INFORMATION SUPPLIED:

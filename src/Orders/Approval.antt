-- ===== src/Orders/Approval.antt =====
-- shared/db.py and execution/order_manager.py: what an approval has checked and written.
use mathlib.Core.Path.{subst}
use trading_cat.Base.{
  ℕ, String, ◌≡◌, refl, sym, ap, ◌∙◌, Bool, true, false, not, Option, none, some, List, [], ◌∷◌,
  arith, Bool-cases, inl, inr, if◌then◌else◌, str_eq,
}
use trading_cat.Base.Tables.{select, update}
use trading_cat.Base.Action.{ok, ◌>>=◌, or_raise}
use trading_cat.Base.Action.Outcome.{
  OnOk, bind-OnOk, gets-OnOk, or_raise-OnOk, raise_if-OnOk, modify-OnOk, immediate_transaction-OnOk,
}
use trading_cat.Models.{Confirmation, ConfirmationStatus, approval_proof_channel}
use trading_cat.Store.{Store, Entity, confirmation_approved, confirmation_missing}
use trading_cat.Store.AuditLog.{audit, write_audit}
use trading_cat.Store.Confirmations.{
  get_confirmation, approval_nonce_exists, approve_row, approve_body, approve_confirmation, differs,
  is_pending, has_confirmation_id, at_status, update_confirmation,
}
use trading_cat.Brokers.Live.{is_proven}
use trading_cat.Orders.Tickets.{approve, new_adapter}

module _ (cid : String) (guard : ConfirmationStatus → Bool) (f : Confirmation → Confirmation)
    (keeps : (c : Confirmation) → (f c).confirmation_id ≡ c.confirmation_id) where
  same_key : (c : Confirmation) → has_confirmation_id cid (f c) ≡ has_confirmation_id cid c
  same_key c = ap (λ k. str_eq k cid) (keeps c)

  head_row :
      (c row : Confirmation) (cs : List Confirmation)
      → has_confirmation_id cid c ≡ true
      → select (has_confirmation_id cid) (c ∷ cs) ≡ some row
      → c ≡ row
  head_row c row cs hit e = ground (arith, hit, e)

  met :
      (c : Confirmation) (cs : List Confirmation)
      → has_confirmation_id cid c ≡ true
      → guard c.status ≡ true
      → select (has_confirmation_id cid) (update (at_status cid guard) f (c ∷ cs)) ≡ some (f c)
  met c cs hit g = rw (hit, g, same_key c, hit) refl

  passed :
      (c : Confirmation) (cs : List Confirmation)
      → has_confirmation_id cid c ≡ false
      → select (has_confirmation_id cid) (update (at_status cid guard) f (c ∷ cs))
        ≡ select (has_confirmation_id cid) (update (at_status cid guard) f cs)
  passed c cs miss = rw (miss, miss) refl

  tail_row :
      (c row : Confirmation) (cs : List Confirmation)
      → has_confirmation_id cid c ≡ false
      → select (has_confirmation_id cid) (c ∷ cs) ≡ some row
      → select (has_confirmation_id cid) cs ≡ some row
  tail_row c row cs miss e = ground (arith, miss, e)

  -- The row that an update by key and status meets first.
  select-update :
      (cs : List Confirmation) (row : Confirmation)
      → select (has_confirmation_id cid) cs ≡ some row
      → guard row.status ≡ true
      → select (has_confirmation_id cid) (update (at_status cid guard) f cs) ≡ some (f row)
  select-update [] row e g = cc
  select-update (c ∷ cs) row e g = elim (Bool-cases (has_confirmation_id cid c)) [
    | inl hit ↦
        let same = head_row c row cs hit e in
        met c cs hit (ap (λ r. guard r.status) same ∙ g) ∙ ap (λ r. some (f r)) same
    | inr miss ↦ passed c cs miss ∙ select-update cs row (tail_row c row cs miss e) g
  ]

-- What an approval rests on and what it leaves.
pub record IsApproval (cid who channel nonce : String) (plan_id plan_hash : Option String) (now : ℕ)
    (s : Store) (c : Confirmation) (t : Store) : Type 0 where
  pub row : Confirmation
  pub found : get_confirmation cid s ≡ some row
  pub was_pending : is_pending row.status ≡ true
  pub expected_plan : differs plan_id row.plan_id ≡ false
  pub expected_hash : differs plan_hash row.plan_hash ≡ false
  pub fresh_nonce : approval_nonce_exists nonce s ≡ false
  pub approved : c ≡ approve_row who channel nonce now row
  pub stored : get_confirmation cid t ≡ some c
  pub same_intents : t.intents ≡ s.intents

module _ (cid who channel nonce : String) (plan_id plan_hash : Option String) (now : ℕ)
    (s : Store) where
  -- The store after the transaction.
  pub record IsMarked (t : Store) : Type 0 where
    pub row : Confirmation
    pub found : get_confirmation cid s ≡ some row
    pub was_pending : is_pending row.status ≡ true
    pub expected_plan : differs plan_id row.plan_id ≡ false
    pub expected_hash : differs plan_hash row.plan_hash ≡ false
    pub fresh_nonce : approval_nonce_exists nonce s ≡ false
    pub stored : get_confirmation cid t ≡ some (approve_row who channel nonce now row)
    pub same_intents : t.intents ≡ s.intents

  is_true : (b : Bool) → not b ≡ false → b ≡ true
  is_true b h = ground arith

  updated :
      (row : Confirmation)
      → get_confirmation cid s ≡ some row
      → is_pending row.status ≡ true
      → get_confirmation cid
          (update_confirmation cid is_pending (approve_row who channel nonce now) s)
        ≡ some (approve_row who channel nonce now row)
  unfolding get_confirmation update_confirmation
  updated row found pending =
      select-update cid is_pending (approve_row who channel nonce now) (λ c. refl) s.confirmations
        row found pending

  update_confirmation-intents :
      (update_confirmation cid is_pending (approve_row who channel nonce now) s).intents ≡ s.intents
  unfolding update_confirmation
  update_confirmation-intents = refl

  audited :
      (t : Store)
      → IsMarked t
      → OnOk (λ _ u. IsMarked u) (audit confirmation_approved (Entity.confirmation cid) t)
  unfolding audit write_audit get_confirmation ◌>>=◌
  audited t h = record {
    row = h.row;
    found = h.found;
    was_pending = h.was_pending;
    expected_plan = h.expected_plan;
    expected_hash = h.expected_hash;
    fresh_nonce = h.fresh_nonce;
    stored = h.stored;
    same_intents = h.same_intents;
  }

  approve_body-OnOk :
      OnOk (λ _ t. IsMarked t) (approve_body cid who channel nonce plan_id plan_hash now s)
  unfolding approve_body
  approve_body-OnOk = gets-OnOk _ _ _ s (
      or_raise-OnOk _ _ _ _ s λ row found. raise_if-OnOk _ _ _ _ s λ pending.
        raise_if-OnOk _ _ _ _ s λ plan_ok. raise_if-OnOk _ _ _ _ s λ hash_ok. gets-OnOk _ _ _ s (
          raise_if-OnOk _ _ _ _ s λ fresh. gets-OnOk _ _ _ s (
            modify-OnOk _ _ _ s (
              raise_if-OnOk _ _ _ _ _ λ _. audited _ (record {
                row = row;
                found = found;
                was_pending = is_true _ pending;
                expected_plan = plan_ok;
                expected_hash = hash_ok;
                fresh_nonce = fresh;
                stored = updated row found (is_true _ pending);
                same_intents = update_confirmation-intents;
              })))))

  returned :
      (t : Store) (c : Confirmation)
      → IsMarked t
      → get_confirmation cid t ≡ some c
      → IsApproval cid who channel nonce plan_id plan_hash now s c t
  returned t c m e = record {
    row = m.row;
    found = m.found;
    was_pending = m.was_pending;
    expected_plan = m.expected_plan;
    expected_hash = m.expected_hash;
    fresh_nonce = m.fresh_nonce;
    approved = same_some c (approve_row who channel nonce now m.row) (sym e ∙ m.stored);
    stored = e;
    same_intents = m.same_intents;
  }
    where
      same_some : (a b : Confirmation) → some a ≡ some b → a ≡ b
      same_some a b h = cc

  found_again :
      (t : Store)
      → IsMarked t
      → (o : Option Confirmation) → get_confirmation cid t ≡ o
      → OnOk
          (IsApproval cid who channel nonce plan_id plan_hash now s)
          (or_raise o confirmation_missing t)
  unfolding or_raise
  found_again t m none e = tt
  found_again t m (some c) e = returned t c m e

  pub approve_confirmation-OnOk :
      OnOk
        (IsApproval cid who channel nonce plan_id plan_hash now s)
        (approve_confirmation cid who channel nonce plan_id plan_hash now s)
  unfolding approve_confirmation
  approve_confirmation-OnOk =
      bind-OnOk _ (λ _ t. IsMarked t) _ _ s (immediate_transaction-OnOk _ _ s approve_body-OnOk)
        λ _ t m. gets-OnOk _ _ _ t (found_again t m (get_confirmation cid t) refl)

-- If an approval returns, then the ticket was PENDING, the plan and the hash that the caller expects
-- are the ticket's, no ticket had the nonce, and the ticket that is returned and stored is the old one
-- with the approval written in; no order changes.
pub approve_confirmation_complete :
    (cid who channel nonce : String) (plan_id plan_hash : Option String) (now : ℕ) (s t : Store)
    (c : Confirmation)
    → approve_confirmation cid who channel nonce plan_id plan_hash now s ≡ (ok c, t)
    → IsApproval cid who channel nonce plan_id plan_hash now s c t
approve_confirmation_complete cid who channel nonce plan_id plan_hash now s t c h =
    subst (OnOk (IsApproval cid who channel nonce plan_id plan_hash now s)) h
      (approve_confirmation-OnOk cid who channel nonce plan_id plan_hash now s)

not_refused :
    (b : Bool) (x y : String) → (if b then none else some x) ≡ some y → (b ≡ false) × (x ≡ y)
not_refused true x y h = cc
not_refused false x y h = (refl, cc)

not_proof : (channel out : String) → new_adapter channel ≡ some out → is_proven (some out) ≡ false
unfolding new_adapter
not_proof channel out h =
    let r = not_refused (str_eq channel approval_proof_channel) channel out h in
    subst (λ k. str_eq k approval_proof_channel ≡ false) r.1 r.0

-- An approval through an adapter, on whatever channel, never counts as a verified proof, which a LIVE
-- plan needs.
pub approve_unproven :
    (channel out cid who nonce : String) (now : ℕ) (s t : Store) (c : Confirmation)
    → new_adapter channel ≡ some out
    → approve out cid who nonce now s ≡ (ok c, t)
    → is_proven c.approval_channel ≡ false
unfolding approve
approve_unproven channel out cid who nonce now s t c a h =
    ap (λ x. is_proven x.approval_channel)
      (approve_confirmation_complete cid who out nonce none none now s t c h).approved
    ∙ not_proof channel out a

YOUR ASSIGNMENT: Tell how many lines of the listing above contain "refl", giving the number alone.

RESPONSE FOR THIS EXERCISE: 7